Technicolor board rebuffs revised offer from JPMorgan

UPDATED: The board of directors at French firm Technicolor has rejected proposals submitted by JPMorgan subsidiary Jesper Cooperatief to amend some details of the contracts signed last month involving the acquisition of a 30% stake in Technicolor by JPMorgan.

Technicolor’s board of directors viewed “very favourably” JPMorgan’s willingness to increase the subscription price of the shares to be issued under the reserved capital increase from €1.6 to €1.9 per share.

This would have meant that the total capital increase proceeds would have been comprised between €169mn and €179mn, compared to the total proceeds implied by the previously-agreed contract of €147mn to €158mn.

However, the amended proposal also included new terms that Technicolor deemed to be unfavourable, including a break-up fee and a clause that freed JP Morgan from its obligations if a new resolution was approved by shareholders.

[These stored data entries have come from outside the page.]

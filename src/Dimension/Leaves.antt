-- ===== src/Dimension/Leaves.antt =====
-- Expanding an element into its leaves: `leaf_weights` of crates/epiphany-core/src/dimension.rs.
pub mod Queue
pub mod Sort
pub mod Walk
pub mod Visit
pub mod Run
pub mod Exact
use Prim.Native.Nat.{◌^◌}
use epiphany.Base.{
  ℕ, zero, suc, ◌+◌, ◌-◌, Bool, true, false, ◌||◌, Option, none, some, List, [], ◌∷◌, ◌++◌, map,
  get_elem?, leb, ◌==◌, if◌then◌else◌, length,
}
use epiphany.Base.Int.{ℤ, pos, negsuc, ◌*ℤ◌}
use epiphany.Base.Eq.{nat_eq}
use epiphany.Base.Assoc.{insert}
use epiphany.Base.Result.{Result, ok, err, ◌>>=◌, ok_or}
use epiphany.Model.{ModelError, Failure, panic, lift}
use epiphany.Fixed.{i64_max, is_zero_i64}
use epiphany.Dimension.{Dimension, Element, ElementKind, Edge, leaf, string, consolidated, element}
use epiphany.Dimension.Hierarchy.{count_edges}

-- i64::saturating_mul
unfoldable pub clamp_i64 : ℤ → ℤ
clamp_i64 (pos n) = if leb n i64_max then pos n else pos i64_max
clamp_i64 (negsuc n) = if leb n i64_max then negsuc n else negsuc i64_max

unfoldable pub saturating_mul : ℤ → ℤ → ℤ
unfolding clamp_i64 ◌*ℤ◌
saturating_mul a b = clamp_i64 (a *ℤ b)

-- HashSet::contains
abbrev pub contains : ℕ → List ℕ → Bool
contains n [] = false
contains n (x ∷ xs) = x == n || contains n xs

-- what a consolidation appends to the queue
abbrev pub weighted : ℤ → List Edge → List (ℕ × ℤ)
weighted w [] = []
weighted w (e ∷ es) = (e.child, saturating_mul w e.weight) ∷ weighted w es

-- The loop of `leaf_weights`, with its queue, its visited elements and the weights found. `none`
-- stands for an index out of range, where the code would panic, and for fuel that has run out.
unfoldable pub weights_loop :
    ℕ
    → List Element
    → List (List Edge)
    → List (ℕ × ℤ)
    → List ℕ
    → List (ℕ × ℤ)
    → Option (List (ℕ × ℤ))
weights_loop zero els g queue visited acc = none
weights_loop (suc fuel) els g [] visited acc = some acc
weights_loop (suc fuel) els g ((node, weight) ∷ queue) visited acc = elim (contains node visited) [
  | true ↦ weights_loop fuel els g queue visited acc
  | false ↦ elim (get_elem? els node) [
    | none ↦ none
    | some e ↦ elim e.kind [
      | leaf ↦ weights_loop fuel els g queue (node ∷ visited) (insert node weight acc)
      | string ↦ weights_loop fuel els g queue (node ∷ visited) acc
      | consolidated ↦ elim (get_elem? g node) [
        | none ↦ none
        | some es ↦ weights_loop fuel els g (queue ++ weighted weight es) (node ∷ visited) acc
      ]
    ]
  ]
]

-- filter(|&(_, w)| w != 0)
abbrev pub nonzero : List (ℕ × ℤ) → List (ℕ × ℤ)
nonzero [] = []
nonzero ((n, w) ∷ ws) = let rest = nonzero ws in if is_zero_i64 w then rest else (n, w) ∷ rest

-- sort_by_key on the leaf
unfoldable pub insert_sorted : ℕ × ℤ → List (ℕ × ℤ) → List (ℕ × ℤ)
insert_sorted x [] = x ∷ []
insert_sorted x (y ∷ ys) =
    let rest = insert_sorted x ys in if leb x.0 y.0 then x ∷ y ∷ ys else y ∷ rest

unfoldable pub sort_by_leaf : List (ℕ × ℤ) → List (ℕ × ℤ)
unfolding insert_sorted
sort_by_leaf [] = []
sort_by_leaf (x ∷ xs) = insert_sorted x (sort_by_leaf xs)

unfoldable pub finish : List (ℕ × ℤ) → List (ℕ × ℤ)
unfolding sort_by_leaf
finish acc = sort_by_leaf (nonzero acc)

-- Dimension::leaf_weights. One round for the start, one for each edge, and one to see the empty
-- queue.
unfoldable pub leaf_weights : Dimension → ℕ → Result Failure (List (ℕ × ℤ))
unfolding weights_loop finish
leaf_weights d index = do
  e ← lift (element d index)
  acc ←
      ok_or
        (weights_loop (count_edges d.children + 2) d.elements d.children ((index, pos 1) ∷ []) []
          [])
        panic
  ok (finish acc)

Therefore, Technicolor’s board of directors has concluded the originally agreed deal of May 2nd to be more beneficial to the company and its shareholders, and that the uncertainty created by the new condition outweighs the benefits of an increase in share price.

The company will therefore continue in its efforts to convince shareholders of this when they meet for the General Shareholders’ Meeting on June 20th.

Technicolor recently confirmed that its set-top box manufacturing facility in the French city of Angers (Maine-et-Loire department) had become insolvent, and petitioned the Nanterre Commercial Court (France) to open rehabilitation proceedings (“redressement judiciaire”) for Thomson Angers, which owns the facility. More details here.

In its latest results, Technicolor reported that the turnaround plan for its Connected Home division (which produces set-top boxes) started to generate some improvements: fixed costs at its Manaus, Brazil facility were cut by two percentage points, and non quality costs are expected to decrease over the course of the year.